Watch Them Being Made
Light & Buttery Classic Popovers
This Classic Popover Recipe gives you the best popovers, with a crispy exterior & a hollow interior. Light, buttery & fabulous, there’s nothing else like them!
Servings: 6 popovers
- 4 large eggs , room temperature before cracking
- 1 1/2 cups whole milk , lukewarm (about 125 degrees F)
- 3/4 teaspoon salt
- 1 1/2 cups all-purpose flour , spooned and leveled
- 3 tablespoons melted butter , cooled slightly
Using a blender, blend eggs, milk, and salt; add flour, blending until smooth; then add the melted butter at the end, blending until frothy. Let batter rest for 15 minutes while you preheat the oven.
Preheat the oven to 450 degrees F and place rack in the bottom third position (to make room for tall popovers and to ensure the tops don’t burn!) and another rack in the top position.
Place a 6-slot popover pan on a baking sheet; put on the lower rack of oven for 2 minutes while oven is preheating.
Spray the hot pan all over (including inside the wells and the outside rim) with nonstick cooking spray.
Pour the rested batter evenly into the muffin slots, almost to the top.
Bake the popovers for 20 minutes without opening the oven door. Reduce the heat to 350°F (again without opening the door), and bake for an additional 10 minutes, until they’re tall, have “popped” over the tops of the pan, and are a deep, golden brown.
(Without opening the oven door, check them with the oven light during the last few minutes to make sure they’re not over-browning.
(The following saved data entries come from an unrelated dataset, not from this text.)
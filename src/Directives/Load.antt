-- ===== src/Directives/Load.antt =====
-- `Directives::load` (lib-lopez/src/directives/directives.rs): the modules that a file leads to are
-- read, parsed and validated. What the loaded directives are then asked for: the rules to run on a
-- page, and the pages that need a web driver. The paths of the standard library and the files are
-- parameters.
pub mod Sound
pub mod Analyzer
use lopez.Prelude.{
  ℕ, Text, Bool, Option, none, some, List, [], ◌∷◌, ◌++◌, any, map, filter_map, Result, ok, err,
}
use lopez.Extern.{Extern}
use lopez.Urls.{Urls}
use lopez.Nom.{Nom}
use lopez.Directives.HtmlExtractor.{Dom, Selector, html_extraction}
use lopez.Directives.Validation
use lopez.Directives.Validation.{Item, Issue, validate}
use lopez.Directives.Loading
use lopez.Directives.Loading.{
  FileRead, Parsed, parsed, malformed, uninterpretable, parser_panic, Files, LoadError, Stop, error,
  parser_panicked, import, other,
}
use lopez.Directives.Parse.Items.{HtmlItem, HtmlRuleSet, entrypoint}
use lopez.Directives.ParseUtils

-- Paths and files, as the standard library has them.
pub record FileSystem : Type 1 where
  pub FilePath : Type 0
  pub parent : FilePath → Option FilePath
  pub of_parts : List Text → FilePath
  pub join_path : FilePath → FilePath → FilePath
  pub with_extension : FilePath → Text → FilePath
  pub read_to_string : FilePath → FileRead

module _ {ext : Extern} (nom : Nom ext) (dom : Dom) (urls : Urls) where
  abbrev pub Modules : Type 0
  Modules = Validation.Modules (html_extraction ext dom) urls (Selector dom)

  abbrev pub AnyIssue : Type 0
  AnyIssue = Issue (html_extraction ext dom) urls (Selector dom)

  -- An item, as the loading of modules tells it from others.
  abbrev pub to_import : HtmlItem nom dom urls → Loading.Item (HtmlItem nom dom urls)
  to_import (Item.import path) = import path
  to_import item = other item

  abbrev pub of_import : Loading.Item (HtmlItem nom dom urls) → HtmlItem nom dom urls
  of_import (import path) = Item.import path
  of_import (other item) = item

  abbrev pub parsed_as :
      Option (Result ParseUtils.ParseError (Result Text (List (HtmlItem nom dom urls))))
      → Parsed (List (Loading.Item (HtmlItem nom dom urls)))
  parsed_as none = parser_panic
  parsed_as (some (err e)) = malformed
  parsed_as (some (ok (err e))) = uninterpretable
  parsed_as (some (ok (ok items))) = parsed (map to_import items)

  -- The files of directives, read with the parser.
  abbrev pub files : FileSystem → Files
  files fs = record {
    FilePath = fs.FilePath;
    of_parts = fs.of_parts;
    join_path = fs.join_path;
    with_extension = fs.with_extension;
    read_to_string = fs.read_to_string;
    Other = HtmlItem nom dom urls;
    entrypoint = λ text. parsed_as (entrypoint nom dom urls text);
  }

  pub data DirectivesError : Type 0 where
    root_path : DirectivesError
    not_loaded : LoadError → DirectivesError
    not_valid : List AnyIssue → DirectivesError

  pub record Directives : Type 0 where
    pub modules : Modules

  abbrev pub module_of :
      Text × List (Loading.Item (HtmlItem nom dom urls)) → Text × List (HtmlItem nom dom urls)
  module_of (name, items) = (name, map of_import items)

  -- `validate()?`, and the directives.
  abbrev pub validated : Directives → List AnyIssue → Result DirectivesError Directives
  validated directives [] = ok directives
  validated directives (issue ∷ issues) = err (not_valid (issue ∷ issues))

  -- How the loading goes: it returns, a panic ends it, or the fuel of `Module::load` runs out.
  pub data Outcome : Type 0 where
    returned : Result DirectivesError Directives → Outcome
    panicked running : Outcome

  module _ (fs : FileSystem) (default : Text) where
    abbrev pub checked : Modules → Option (List AnyIssue) → Outcome
    checked modules none = panicked
    checked modules (some issues) = returned (validated (record { modules = modules }) issues)

    unfoldable pub check :
        Result Stop (List (Text × List (Loading.Item (HtmlItem nom dom urls)))) → Outcome
    unfolding validate
    check (err (error e)) = returned (err (not_loaded e))
    check (err parser_panicked) = panicked
    check (ok loaded) =
        let modules = map module_of loaded in
        checked modules (validate (html_extraction ext dom) urls (Selector dom) default modules)

    abbrev pub check_loaded :
        Option (Result Stop (List (Text × List (Loading.Item (HtmlItem nom dom urls))))) → Outcome
    unfolding check
    check_loaded none = running
    check_loaded (some r) = check r

    unfoldable pub load_under : ℕ → fs.FilePath → fs.FilePath → Option fs.FilePath → Outcome
    unfolding Loading.load check
    load_under fuel path imports none = returned (err root_path)
    load_under fuel path imports (some parent) =
        check_loaded (Loading.load (files fs) (parent ∷ imports ∷ []) fuel [] [] (path ∷ []))

    unfoldable pub load_directives : ℕ → fs.FilePath → fs.FilePath → Outcome
    unfolding load_under
    load_directives fuel path imports = load_under fuel path imports (fs.parent path)

  abbrev pub as_rule_set : HtmlItem nom dom urls → Option (HtmlRuleSet nom dom urls)
  as_rule_set (Item.rule_set r) = some r
  as_rule_set item = none

  abbrev pub as_web_driver : HtmlItem nom dom urls → Option ext.Regex
  as_web_driver (Item.web_driver regex) = some regex
  as_web_driver item = none

  abbrev pub under : Text → HtmlRuleSet nom dom urls → Text × HtmlRuleSet nom dom urls
  under name r = (name, r)

  -- `Directives::analyzer`: the rule sets of all modules.
  unfoldable pub analyzer : Modules → List (Text × HtmlRuleSet nom dom urls)
  analyzer [] = []
  analyzer ((name, items) ∷ modules) =
      map (under name) (filter_map as_rule_set items) ++ analyzer modules

  -- `Directives::webdriver_selector`.
  unfoldable pub webdriver_selector : Modules → List ext.Regex
  webdriver_selector [] = []
  webdriver_selector ((name, items) ∷ modules) =
      filter_map as_web_driver items ++ webdriver_selector modules

  unfoldable pub use_webdriver : List ext.Regex → Text → Bool
  use_webdriver rules page_url = any (λ (rule : ext.Regex). ext.is_match rule page_url) rules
If so, quickly open the door and put a cookie sheet on that upper rack to shield the popovers’ tops from direct heat.)
Remove them from the oven, and pierce the top or bottom of each with the tip of a pairing knife, to release steam and help prevent sogginess.
Slip them out of the pan, split open and serve with butter!
For recipe tips to achieve optimal results, directions for using a muffin tin, variations, and storage, please refer to the full article.
Calories: 249kcal | Carbohydrates: 27g | Protein: 9g | Fat: 11g | Saturated Fat: 6g | Cholesterol: 145mg | Sodium: 415mg | Potassium: 160mg | Fiber: 1g | Sugar: 3g | Vitamin A: 454IU | Calcium: 94mg | Iron: 2mg
Nutritional information given is an automatic calculation and can vary based on the exact products you use and any changes you make to the recipe. If these numbers are very important to you, I would recommend calculating them yourself.